I think it is because you said the word "earn" which I thought may have
reflected the outlook of most digital forum participants (earn implies value).

In a physical space we may evaluate reception of our ideas through nodding,
verbal affirmation, or during our turn of the conversation. I would think it
would be more difficult for a malicious actor to manipulate public opinion
with these classical communication methods.

Perhaps now it is more difficult for quality content to be injected into
society (or for society to think for itself) when most folks may naturally
feel more comfortable consuming content with the largest (potentially
artificial) view, vote, stream, or click count.

Maybe there are entire divisions of allocated cognitive labor designed
exclusively to determine authenticity of traffic, which is unfortunate but
necessary (and will likely not be thorough).

Maybe there are not.

------
santa_boy
I find a lot of people dealing with startups ... employees and founders
(mostly) posting practically everything on social media from going to an
event, launching a product / service, last night's dinner, a picture of every
coffee in the day, a message in the loo and a coworker dozing off ... etc

I always wonder if this is a means of guerrilla marketing, being social,
expressing camaraderie or showing gratitude?

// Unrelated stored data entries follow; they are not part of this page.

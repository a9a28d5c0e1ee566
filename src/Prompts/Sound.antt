-- ===== src/Prompts/Sound.antt =====
-- Worlds whose tables of prompts are in order, and the writes of the services.
use mathlib.Core.List.Memᴰ
use arcane_backend.Common.{String, Option, some, ◌≡◌, sym, ap, ◌∙◌, Memᴰ, subst, ◌>>◌, pure, map}
use arcane_backend.Entities.{Prompt, PromptVersion}
use arcane_backend.Platform.{Platform, Db, World, AuditEvent, record_audit}
use arcane_backend.Platform.Audit.{record_audit_lem}
use arcane_backend.Platform.Laws.{IsLawful}
use arcane_backend.Prompts.Finding.{audit_if_lem}
use arcane_backend.Prompts.Identifier.{TextTools}
use arcane_backend.Prompts.Service.{insert_version}
use arcane_backend.Prompts.Tables.{IsPromptTable, save-IsPromptTable, insert_version-IsPromptTable}
use arcane_backend.Prompts.Versions.{save_prompt, audit_if}

module _ (p : Platform) where
  abbrev pub IsSound : World p → Type 0
  IsSound w = IsPromptTable w.db.prompts w.db.prompt_versions

  pub keep_audit :
      {A : Type 0} (w : World p) (event : AuditEvent) (a : A)
      → IsSound w
      → IsSound ((record_audit p event >> pure a) w).1
  keep_audit w event a s =
      let (u, run, same, _) = record_audit_lem p event w in
      rw run (subst (λ (d : Db). IsPromptTable d.prompts d.prompt_versions) (sym same) s)

  pub keep_audit_if :
      {A : Type 0} (w : World p) (o : Option String) (event : AuditEvent) (a : A)
      → IsSound w
      → IsSound (audit_if p o event w).1 × IsSound ((audit_if p o event >> pure a) w).1
  keep_audit_if w o event a s =
      let (u, run, same) = audit_if_lem p w o event in
      let sound = subst (λ (d : Db). IsPromptTable d.prompts d.prompt_versions) (sym same) s in
      (rw run sound, rw run sound)

module _ (p : Platform) (laws : IsLawful p) (t : TextTools) where
  pub save_version-IsSound :
      (w : World p) (y : PromptVersion)
      → IsSound p w
      → y.id ≡ p.new_id (map (λ (v : PromptVersion). v.id) w.db.prompt_versions)
      → (x : Prompt) × Memᴰ x w.db.prompts × (x.id ≡ y.prompt_id)
      → IsSound p (insert_version p y w)
  save_version-IsSound w y s new known =
      insert_version-IsPromptTable p laws w.db.prompts w.db.prompt_versions s y
        (λ v m i.
          laws.new_id_fresh _
            (Memᴰ.cast (sym (i ∙ new)) (Memᴰ.map (λ (q : PromptVersion). q.id) m)))
        known

  -- A save that leaves the project and the name alone.
  pub resave-IsSound :
      (w : World p) (x y : Prompt)
      → IsSound p w
      → Memᴰ x w.db.prompts
      → y.id ≡ x.id
      → y.project_id ≡ x.project_id
      → y.name ≡ x.name
      → ((v : String)
          → y.promoted_version_id ≡ some v
          → (q : PromptVersion) × Memᴰ q w.db.prompt_versions × (q.id ≡ v) × (q.prompt_id ≡ y.id))
      → IsSound p (save_prompt p y w)
  resave-IsSound w x y s m a b c belongs =
      save-IsPromptTable p laws w.db.prompts w.db.prompt_versions s x y m a
        (λ z k e f.
          ap (λ (q : Prompt). q.id) (s.unique_names z x k m (λ i. ((e ∙ b) i, (f ∙ c) i))))
        belongs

I _think_ of it as social validation and wonder its impact on creativity,
morale, etc (if any at all)

------
Porthos9K
ORIGINAL SOURCE WITH TRANSCRIPTS

[https://www.ted.com/talks/joseph_gordon_levitt_how_craving_a...](https://www.ted.com/talks/joseph_gordon_levitt_how_craving_attention_makes_you_less_creative)

------
Uhuhreally
are there any social media platforms that don't have metrics like follower
counts, karma etc ?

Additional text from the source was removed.